** PROBLEM TO SOLVE **
Copy all lines below that use the word "take".
**** EXTRACTED RECORDS
-- ===== src/MsgPack/Decoder/Numbers.antt =====
-- The numbers of packages/core/src/utils/msgpack.js are read as they were written.
use reticulum_js.Common.{
  ℕ, zero, suc, ◌-◌, ◌^◌, ◌≤◌, ◌<◌, ◌≡◌, refl, ap, arith, false, Option, none, List, [], ◌∷◌, ◌++◌,
  length, length-append, take-append, drop-append, ok, Result,
}
use reticulum_js.Common.Bits.{bit_or_e0}
use reticulum_js.MsgPack.Floats.{be, from_be, integer_of, is_minus_zero}
use reticulum_js.MsgPack.{
  Value, int, big, float, MsgPackError, encode_number, encode_float, encode_float_64, max_safe,
}
use reticulum_js.Common.Int.{pos, negsuc}
use reticulum_js.MsgPack.Decoder.Objects.{PropertyKey}
use reticulum_js.MsgPack.Decoder.{
  Reader, read_uint, read_number, read_int, signed, is_safe, read_uint_64, read_int_64,
  read_float_64, decode_case, decode_number, decode_sized, decode_first, decode_step,
}

abbrev pub rd : List ℕ → List ℕ → Reader
rd rest beyond = record { rest = rest; beyond = beyond }

pub length-be : (w n : ℕ) → length (be w n) ≡ w
unfolding be
length-be zero n = refl
length-be (suc w) n = ap suc (length-be w n)

from_be_2 : (n : ℕ) → n < 65536 → from_be 0 (be 2 n) ≡ n
unfolding be from_be
from_be_2 n h = omega arith

from_be_4 : (n : ℕ) → n < 4294967296 → from_be 0 (be 4 n) ≡ n
unfolding be from_be
from_be_4 n h = omega arith

from_be_8 : (n : ℕ) → n < 18446744073709551616 → from_be 0 (be 8 n) ≡ n
unfolding be from_be
from_be_8 n h = omega arith

read_uint_lem :
    (w n : ℕ) (bs rest beyond : List ℕ)
    → length bs ≡ w
    → from_be 0 bs ≡ n
    → read_uint w (rd (bs ++ rest) beyond) ≡ ok (n, rd rest beyond)
unfolding read_uint
read_uint_lem w n bs rest beyond len is =
    ground (arith, length-append bs rest, take-append w bs rest len, drop-append w bs rest len)

module _ (n : ℕ) (rest beyond : List ℕ) where
  pub read_1 : read_uint 1 (rd (n ∷ rest) beyond) ≡ ok (n, rd rest beyond)
  read_1 = read_uint_lem 1 n (n ∷ []) rest beyond refl (unfold from_be in omega arith)

  pub read_2 : n < 65536 → read_uint 2 (rd (be 2 n ++ rest) beyond) ≡ ok (n, rd rest beyond)
  read_2 h = read_uint_lem 2 n (be 2 n) rest beyond (length-be 2 n) (from_be_2 n h)

  pub read_4 : n < 4294967296 → read_uint 4 (rd (be 4 n ++ rest) beyond) ≡ ok (n, rd rest beyond)
  read_4 h = read_uint_lem 4 n (be 4 n) rest beyond (length-be 4 n) (from_be_4 n h)

  pub read_8 :
      n < 18446744073709551616 → read_uint 8 (rd (be 8 n ++ rest) beyond) ≡ ok (n, rd rest beyond)
  read_8 h = read_uint_lem 8 n (be 8 n) rest beyond (length-be 8 n) (from_be_8 n h)

module _ (text : List ℕ → List ℕ) (key : PropertyKey)
    (nested : Option (Reader → Result MsgPackError (Value × Reader))) (rest beyond : List ℕ) where
  pub step_number_pos :
      (n : ℕ)
      → n ≤ max_safe
      → decode_step text key nested (rd (encode_number (pos n) ++ rest) beyond)
        ≡ ok (int (pos n), rd rest beyond)
  unfolding encode_number decode_step decode_first decode_case decode_number decode_sized
      read_number read_uint_64
  step_number_pos n h = ground (
    arith,
    read_1 n rest beyond,
    read_2 n rest beyond,
    read_4 n rest beyond,
    read_8 n rest beyond,
  )

  pub step_number_neg :
      (k : ℕ)
      → k < max_safe
      → decode_step text key nested (rd (encode_number (negsuc k) ++ rest) beyond)
        ≡ ok (int (negsuc k), rd rest beyond)
  unfolding encode_number decode_step decode_first decode_case decode_number decode_sized read_int
      read_int_64 signed is_safe
  step_number_neg k h = ground (
    arith,
    bit_or_e0 (0x20 - suc k),
    read_1 (0x100 - suc k) rest beyond,
    read_2 (2 ^ 16 - suc k) rest beyond,
    read_4 (2 ^ 32 - suc k) rest beyond,
    read_8 (2 ^ 64 - suc k) rest beyond,
  )

  pub step_float :
      (bits : List ℕ)
      → length bits ≡ 8
      → integer_of bits ≡ none
      → is_minus_zero bits ≡ false
      → decode_step text key nested (rd (encode_float bits ++ rest) beyond)
        ≡ ok (float bits, rd rest beyond)
  unfolding encode_float encode_float_64 decode_step decode_first decode_case decode_number
      decode_sized read_float_64
  step_float bits len fraction no_zero = ground (
    arith,
    length-append bits rest,
    take-append 8 bits rest len,
    drop-append 8 bits rest len,
    fraction,
  )

  pub step_big_pos :
      (n : ℕ)
      → max_safe < n
      → n < 18446744073709551616
      → decode_step text key nested (rd (0xcf ∷ (be 8 n ++ rest)) beyond)
        ≡ ok (big (pos n), rd rest beyond)
  unfolding decode_step decode_first decode_case decode_number decode_sized read_uint_64
  step_big_pos n h h' = ground (arith, read_8 n rest beyond)

  pub step_big_neg :
      (k : ℕ)
      → max_safe ≤ k
      → k < 9223372036854775808
      → decode_step text key nested (rd (0xd3 ∷ (be 8 (2 ^ 64 - suc k) ++ rest)) beyond)
        ≡ ok (big (negsuc k), rd rest beyond)
  unfolding decode_step decode_first decode_case decode_number decode_sized read_int_64 signed
      is_safe
  step_big_neg k h h' = ground (arith, read_8 (2 ^ 64 - suc k) rest beyond)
********
** TASK RESPONSE **
  length, length-append, take-append, drop-append, ok, Result,
    ground (arith, length-append bs rest, take-append w bs rest len, drop-append w bs rest len)
    take-append 8 bits rest len,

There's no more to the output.